# Opening questions on mods for Chargriller



## SmokinSpence (Jun 4, 2020)

Hello all. New here. I just have a few questions since nobody I know does anything like this and you can only watch so many YouTube videos. Ok so far a bought the chargriller smokin ace. Basically my issues are temp control on this COS. I’ve tried a bunch of stuff so far—felt gaskets, homemade baffle, rtv seal—and I’ve ended up pretty well sealed but I think my main problem is airflow. 
The chimney extension is supposed to give you better airflow but I find that it creates a huge hotspot by the chimney stack extender at grate level and I find it difficult to get the main cooking chamber over 250 with a reasonable fire.
As of now I have a lava lock baffle plate and a new rope gasket around the chamber which gives me a solid seal but I’m still having issues keeping the cooking chamber at equal temps all around the grate.
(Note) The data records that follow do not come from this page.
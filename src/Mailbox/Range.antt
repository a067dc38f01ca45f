-- ===== src/Mailbox/Range.antt =====
-- The nodes of the allocator stay within int32 (pkg/diskrpc/allocator.go).
use csi_sanlock_lvm.Base.{
  ℕ, zero, suc, ◌+◌, ◌-◌, ◌/◌, ◌%◌, ◌^◌, ◌<◌, ◌≡◌, inl, inr, subst, [], ◌∷◌, Bool, true, false,
  Option, none, some, Result, ok, err, get_elem?, set, length, if◌then◌else◌, arith, ltb,
  Option-cases, Bool-cases, ◌||◌, ◌&&◌,
}
use csi_sanlock_lvm.Base.Int.{ℤ, pos, negsuc, signed32, int32, int32_of, ltb_ℤ, leb_ℤ, eqb_ℤ}
use csi_sanlock_lvm.Allocator.Heap.{
  address_of, Nodes, left, right, max, neg, add, sub, div2, shr1, refresh, lacks_room, address,
  after_alloc, alloc, alloc_root, after_free, free, free_root,
}
use csi_sanlock_lvm.Mailbox.Stored.{IsInt32, AllInt32}

abbrev AllIn : {A : Type 0} → Option (A × Nodes) → Type 0
AllIn none = Unit
AllIn (some (r, nodes)) = AllInt32 nodes

abbrev AllIn-nodes : Option Nodes → Type 0
AllIn-nodes none = Unit
AllIn-nodes (some nodes) = AllInt32 nodes

pub IsInt32-signed32 : (n : ℕ) → n < 2 ^ 32 → IsInt32 (signed32 n)
IsInt32-signed32 n h = elim (Bool-cases (ltb n (2 ^ 31))) [
  | inl low ↦ rw low (ground arith)
  | inr high ↦ rw high (ground arith)
]

IsInt32-int32 : (n : ℤ) → IsInt32 (int32 n)
unfolding int32
IsInt32-int32 (pos n) = IsInt32-signed32 (n % 2 ^ 32) (omega arith)
IsInt32-int32 (negsuc n) = IsInt32-signed32 (2 ^ 32 - 1 - n % 2 ^ 32) (omega arith)

IsInt32-max : (a b : ℤ) → IsInt32 a → IsInt32 b → IsInt32 (max a b)
unfolding max
IsInt32-max a b ha hb = elim (Bool-cases (ltb_ℤ b a)) [
  | inl l ↦ rw (max, l) ha
  | inr l ↦ rw (max, l) hb
]

AllInt32-get :
    (nodes : Nodes) (i : ℕ) (n : ℤ) → AllInt32 nodes → get_elem? nodes i ≡ some n → IsInt32 n
AllInt32-get [] i n h e = absurd (cc)
AllInt32-get (m ∷ nodes) zero n (h, rest) e = subst IsInt32 (cc) h
AllInt32-get (m ∷ nodes) (suc i) n (h, rest) e = AllInt32-get nodes i n rest e

pub AllInt32-set :
    (nodes : Nodes) (i : ℕ) (n : ℤ) → AllInt32 nodes → IsInt32 n → AllInt32 (set nodes i n)
AllInt32-set [] i n h v = tt
AllInt32-set (m ∷ nodes) zero n (h, rest) v = (v, rest)
AllInt32-set (m ∷ nodes) (suc i) n (h, rest) v = (h, AllInt32-set nodes i n rest v)

AllInt32-refresh : (nodes : Nodes) (p : ℕ) → AllInt32 nodes → AllIn-nodes (refresh nodes p)
unfolding refresh
AllInt32-refresh nodes p h = elim (Option-cases (get_elem? nodes (left p))) [
  | inl e ↦ rw (refresh, e) tt
  | inr (l, el) ↦ elim (Option-cases (get_elem? nodes (right p))) [
    | inl e ↦ rw (refresh, el, e) tt
    | inr (r, er) ↦
        rw (refresh, el, er)
          (AllInt32-set nodes p _ h (
            IsInt32-max _ _
              (IsInt32-max _ _ (AllInt32-get nodes _ l h el) (AllInt32-get nodes _ r h er))
              (omega arith)))
  ]
]

AllIn-after_alloc : (p : ℕ) (x : Option (Result ℤ × Nodes)) → AllIn x → AllIn (after_alloc p x)
AllIn-after_alloc p none h = tt
AllIn-after_alloc p (some (r, nodes)) h = rest (refresh nodes p) (AllInt32-refresh nodes p h)
  where
    rest :
        (y : Option Nodes)
        → AllIn-nodes y
        → AllIn (elim y [ none ↦ none | some nodes' ↦ some (ok (address_of r), nodes') ])
    rest none k = tt
    rest (some nodes') k = k

AllIn-choice :
    {A : Type 0} (b : Bool) (x y : Option (A × Nodes))
    → AllIn x
    → AllIn y
    → AllIn (if b then x else y)
AllIn-choice true x y hx hy = hx
AllIn-choice false x y hx hy = hy

AllIn-elim :
    {A : Type 0} (b : Bool) (x y : Option (A × Nodes))
    → AllIn x
    → AllIn y
    → AllIn (elim b [ true ↦ x | false ↦ y ])
AllIn-elim true x y hx hy = hx
AllIn-elim false x y hx hy = hy

AllInt32-alloc :
    (f : ℕ) (nodes : Nodes) (p : ℕ) (size : ℤ) → AllInt32 nodes → AllIn (alloc f nodes p size)
unfolding alloc
AllInt32-alloc zero nodes p size h = tt
AllInt32-alloc (suc f) nodes p size h = elim (Option-cases (get_elem? nodes p)) [
  | inl e ↦ rw (alloc, e) tt
  | inr (n, e) ↦
      rw (alloc, e)
        (AllIn-choice (leb_ℤ size (pos 0) || ltb_ℤ n size) _ _ h (
          AllIn-choice
            (leb_ℤ size n && lacks_room nodes (left p) size && lacks_room nodes (right p) size) _ _
            (AllInt32-set nodes p _ h (IsInt32-int32 (neg n)))
            (below (AllInt32-alloc f nodes (left p) size h)
              (AllInt32-alloc f nodes (right p) size h) (get_elem? nodes (left p)))))
]
  where
    below :
        AllIn (alloc f nodes (left p) size)
        → AllIn (alloc f nodes (right p) size)
        → (l : Option ℤ)
        → AllIn (elim l [
          | none ↦ none
          | some l ↦ elim (leb_ℤ size l) [
            | true ↦ after_alloc p (alloc f nodes (left p) size)
            | false ↦ after_alloc p (alloc f nodes (right p) size)
          ]
        ])
    below on_left on_right none = tt
    below on_left on_right (some l) =
        AllIn-elim (leb_ℤ size l) _ _ (AllIn-after_alloc p _ on_left)
          (AllIn-after_alloc p _ on_right)

IsInt32-shr1 : (n : ℤ) → IsInt32 n → IsInt32 (shr1 n)
IsInt32-shr1 (pos n) h = omega arith
IsInt32-shr1 (negsuc n) h = omega arith

AllIn-after_free :
    (p : ℕ) (size : ℤ) (x : Option (Result (Unit {0}) × Nodes))
    → IsInt32 size
    → AllIn x
    → AllIn (after_free p size x)
AllIn-after_free p size none hs h = tt
AllIn-after_free p size (some (err e, nodes)) hs h = h
AllIn-after_free p size (some (ok u, nodes)) hs h =
    elim (Option-cases (get_elem? nodes (right p))) [
      | inl e ↦ rw (after_free, e) tt
      | inr (r, er) ↦ elim (Option-cases (get_elem? nodes (left p))) [
        | inl e ↦ rw (after_free, er, e) tt
        | inr (l, el) ↦
            rw (after_free, er, el)
              (AllInt32-set nodes p _ h (
                merged (eqb_ℤ (int32 (add l r)) size) _ (
                  IsInt32-max _ _
                    (IsInt32-max _ _ (AllInt32-get nodes _ l h el) (AllInt32-get nodes _ r h er))
                    (omega arith))))
      ]
    ]
  where
    merged : (b : Bool) (n : ℤ) → IsInt32 n → IsInt32 (if b then size else n)
    merged true n hn = hs
    merged false n hn = hn

AllInt32-free :
    (f : ℕ) (nodes : Nodes) (p : ℕ) (size addr : ℤ)
    → IsInt32 size
    → AllInt32 nodes
    → AllIn (free f nodes p size addr)
unfolding free
AllInt32-free zero nodes p size addr hs h = tt
AllInt32-free (suc f) nodes p size addr hs h = elim (Option-cases (get_elem? nodes p)) [
  | inl e ↦ rw (free, e) h
  | inr (n, e) ↦
      rw (free, e)
        (AllIn-choice (ltb_ℤ n (pos 0)) _ _
          (AllIn-choice (eqb_ℤ (address nodes p).0 addr) _ _
            (AllInt32-set nodes p _ h (IsInt32-int32 (neg n))) h)
          (AllIn-choice (ltb (length nodes) (right p)) _ _ h (
            AllIn-elim (ltb_ℤ (int32 (sub addr (address nodes p).0)) (div2 size)) _ _
              (AllIn-after_free p size _ hs
                (AllInt32-free f nodes (left p) (shr1 size) addr (IsInt32-shr1 size hs) h))
              (AllIn-after_free p size _ hs
                (AllInt32-free f nodes (right p) (shr1 size) addr (IsInt32-shr1 size hs) h)))))
]

-- What Alloc leaves is within int32 if what it was given is.
pub AllInt32-alloc_root :
    (nodes after : Nodes) (size : ℤ) (r : Result ℤ)
    → AllInt32 nodes
    → alloc_root nodes size ≡ some (r, after)
    → AllInt32 after
unfolding alloc_root
AllInt32-alloc_root nodes after size r h e =
    subst AllIn e (AllInt32-alloc (length nodes) nodes 0 size h)

-- And what Free leaves.
pub AllInt32-free_root :
    (nodes after : Nodes) (addr : ℤ) (r : Result (Unit {0}))
    → AllInt32 nodes
    → free_root nodes addr ≡ some (r, after)
    → AllInt32 after
unfolding free_root int32_of
AllInt32-free_root nodes after addr r h e = subst AllIn e (
    AllInt32-free (length nodes) nodes 0 _ addr
      (IsInt32-signed32 ((length nodes + 1) / 2 % 2 ^ 32) (omega arith)) h)
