-- ===== src/Mailbox/Chain.antt =====
-- The list of messages of a mailbox, from its head on, and what the loop of Recv makes of it.
use csi_sanlock_lvm.Base.{
  ap, ◌∙◌, ◌+◌, ◌*◌, ℕ, zero, suc, ◌%◌, ◌^◌, ◌≤◌, ◌<◌, ◌≡◌, refl, subst, List, [], ◌∷◌, map, Bytes,
  length, true, false, some, ok, arith,
}
use csi_sanlock_lvm.Base.Int.{pos, int32_of, int32_of-small}
use csi_sanlock_lvm.Allocator.Heap.{shl1, Nodes, free_root}
use csi_sanlock_lvm.Allocator.Tree.{Tree, give}
use csi_sanlock_lvm.Allocator.Root.{IsAllocator, RootFreed, free_root_lem}
use csi_sanlock_lvm.Mailbox.Messages.{Message, MailBoxMessage, Codec, is_null, drain, padded}
use csi_sanlock_lvm.Mailbox.Stored.{AllInt32}
use csi_sanlock_lvm.Mailbox.Device.{read_at}
use csi_sanlock_lvm.Mailbox.Segments.{read_message-padded}
use csi_sanlock_lvm.Allocator.Blocks.{busy}
use csi_sanlock_lvm.Mailbox.Draining.{used_count, give-one_less}
use csi_sanlock_lvm.Mailbox.Giving.{give-Given}
use csi_sanlock_lvm.Mailbox.Range.{AllInt32-free_root}

module _ (codec : Codec) where
  -- What the message at `addr` is, and the blocks that are left when it has been given back. The first
  -- `reserved` blocks of the file are no message's.
  pub record Link (b_size reserved d : ℕ) (file : Bytes) (addr : ℕ) (m : MailBoxMessage)
      (t t' : Tree) : Type 0 where
    pub small : addr < 2 ^ 31
    pub behind : reserved ≤ addr
    pub buf : Bytes
    pub short : 4 + length buf ≤ b_size
    pub small_buf : length buf < 2 ^ 32
    pub stored : read_at file (addr * b_size) b_size ≡ ok (padded b_size buf)
    pub decodes : codec.unmarshal buf ≡ some m
    pub gives : give d t addr ≡ some t'

  -- The messages from `addr` on; `base` is left when all have been given back.
  abbrev pub Chain : ℕ → ℕ → ℕ → Bytes → Tree → Tree → ℕ → List MailBoxMessage → Type 0
  Chain b_size reserved d file base t addr [] = (t ≡ base) × (is_null addr ≡ true)
  Chain b_size reserved d file base t addr (m ∷ msgs) =
      (t' : Tree) × Link b_size reserved d file addr m t t'
      × Chain b_size reserved d file base t' m.next msgs

  -- The same messages are in a file whose blocks of messages are the same.
  pub Chain-same :
      (b_size reserved d : ℕ) (file after : Bytes) (base t : Tree) (addr : ℕ)
      (msgs : List MailBoxMessage)
      → ((a : ℕ)
          → reserved ≤ a
          → a < shl1 d
          → busy d t a ≡ true
          → read_at after (a * b_size) b_size ≡ read_at file (a * b_size) b_size)
      → Chain b_size reserved d file base t addr msgs
      → Chain b_size reserved d after base t addr msgs
  Chain-same b_size reserved d file after base t addr [] same c = c
  Chain-same b_size reserved d file after base t addr (m ∷ msgs) same (t', l, more) =
      let given = give-Given d t t' addr l.gives in
      (
        t',
        record {
          small = l.small;
          behind = l.behind;
          buf = l.buf;
          short = l.short;
          small_buf = l.small_buf;
          stored = same addr l.behind given.in_range given.was_busy ∙ l.stored;
          decodes = l.decodes;
          gives = l.gives;
        },
        Chain-same b_size reserved d file after base t' m.next msgs
            (λ a behind in_range is_busy. same a behind in_range (given.fewer a is_busy)) more,
      )

  -- What is allocated in the end is allocated at first.
  pub Chain-base :
      (b_size reserved d : ℕ) (file : Bytes) (base t : Tree) (addr : ℕ) (msgs : List MailBoxMessage)
      (i : ℕ)
      → Chain b_size reserved d file base t addr msgs
      → busy d base i ≡ true
      → busy d t i ≡ true
  Chain-base b_size reserved d file base t addr [] i (same, null) h = ap (λ t. busy d t i) same ∙ h
  Chain-base b_size reserved d file base t addr (m ∷ msgs) i (t', l, more) h =
      (give-Given d t t' addr l.gives).fewer i
        (Chain-base b_size reserved d file base t' m.next msgs i more h)

  -- No more messages than allocated segments.
  pub Chain-length :
      (b_size reserved d : ℕ) (file : Bytes) (base t : Tree) (addr : ℕ) (msgs : List MailBoxMessage)
      → Chain b_size reserved d file base t addr msgs
      → length msgs ≤ used_count t
  Chain-length b_size reserved d file base t addr [] c = omega arith
  Chain-length b_size reserved d file base t addr (m ∷ msgs) (t', l, more) = omega (
    arith,
    give-one_less d t t' addr l.gives,
    Chain-length b_size reserved d file base t' m.next msgs more,
  )

module _ (directio_block_size : ℕ) (codec : Codec) (local_id : ℕ) where
  abbrev pub received : MailBoxMessage → Message
  received m = record { sender = m.sender % 2 ^ 16; recipient = local_id; payload = m.payload }

  -- The outcome of the loop: all messages, and the blocks given back.
  pub record Drained (fuel b_size d : ℕ) (file : Bytes) (base : Tree) (addr : ℕ) (nodes : Nodes)
      (msgs : List MailBoxMessage) : Type 0 where
    pub rest : Nodes
    pub returns :
        drain directio_block_size codec local_id fuel b_size file addr nodes
        ≡ ok (map received msgs, rest)
    pub valid : IsAllocator d base rest
    pub int32 : AllInt32 rest

  module _ (b_size reserved d : ℕ) (file : Bytes) (base : Tree) where
    drain-null :
        (fuel addr : ℕ) (nodes : Nodes)
        → is_null addr ≡ true
        → drain directio_block_size codec local_id fuel b_size file addr nodes ≡ ok ([], nodes)
    unfolding drain
    drain-null zero addr nodes h = rw h refl
    drain-null (suc fuel) addr nodes h = rw (drain, h) refl

    -- One turn, by what the turns after it give.
    drain-Link :
        (fuel addr : ℕ) (nodes freed : Nodes) (m : MailBoxMessage) (t t' : Tree)
        (msgs : List Message) (rest : Nodes)
        → Link codec b_size reserved d file addr m t t'
        → free_root nodes (pos addr) ≡ some (ok tt, freed)
        → drain directio_block_size codec local_id fuel b_size file m.next freed ≡ ok (msgs, rest)
        → drain directio_block_size codec local_id (suc fuel) b_size file addr nodes
          ≡ ok (received m ∷ msgs, rest)
    unfolding drain
    drain-Link fuel addr nodes freed m t t' msgs rest l f e =
        let there : is_null addr ≡ false = ground (arith, l.small) in
        let at : int32_of addr ≡ pos addr = int32_of-small addr l.small in
        let reads =
          read_message-padded directio_block_size codec local_id b_size addr l.buf file l.short
            l.small_buf l.stored in
        rw (drain, there, at, reads, l.decodes, at, f, e) refl

    -- With fuel for all its messages, the loop returns them from the head on.
    pub drain-Chain :
        (fuel addr : ℕ) (t : Tree) (nodes : Nodes) (msgs : List MailBoxMessage)
        → length msgs ≤ fuel
        → IsAllocator d t nodes
        → AllInt32 nodes
        → Chain codec b_size reserved d file base t addr msgs
        → Drained fuel b_size d file base addr nodes msgs
    drain-Chain fuel addr t nodes [] enough v h (same, null) = record {
      rest = nodes;
      returns = drain-null fuel addr nodes null;
      valid = subst (λ t. IsAllocator d t nodes) same v;
      int32 = h;
    }
    drain-Chain zero addr t nodes (m ∷ msgs) enough v h c = absurd (omega arith)
    drain-Chain (suc fuel) addr t nodes (m ∷ msgs) enough v h (t', l, more) =
        let (freed, frees, v') =
          subst (RootFreed d nodes addr) l.gives (free_root_lem d t nodes addr v l.small) in
        let after =
          drain-Chain fuel m.next t' freed msgs (omega arith) v'
            (AllInt32-free_root nodes freed (pos addr) (ok tt) h frees) more in
        record {
          rest = after.rest;
          returns =
              drain-Link fuel addr nodes freed m t t' (map received msgs) after.rest l frees
                after.returns;
          valid = after.valid;
          int32 = after.int32;
        }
Am I paying to much attention to my ambient probes and obsessing over temps?
Also what is the best gauge for temp? Right now I use two ambient probes about an inch above grate level at either end of a brisket is it crazy to be frustrated that they aren’t all at 250 at the same time? Is this even possible?


----------



## Kevin Wilkinson (Jul 23, 2020)

Hi, I modified mine using some aluminum sheeting I had laying around 'cause I am cheap lol (see pic). I also made a baffle plate with progressively smaller holes away from the firebox, it sits just high enough to cover the vent from the firebox. I can maintain +/- 10 degrees.  I sometimes use a probe at grill level but the thermo's I added on the front work fine.


----------



## Meat&Smoke (Jul 25, 2020)

Something that I had great success with was making a charcoal/wood basket. It helped with making things even because I had an even burn with less spikes, but I also agree with Kevin, deflector plate will seriously improve the Chargriller.


----------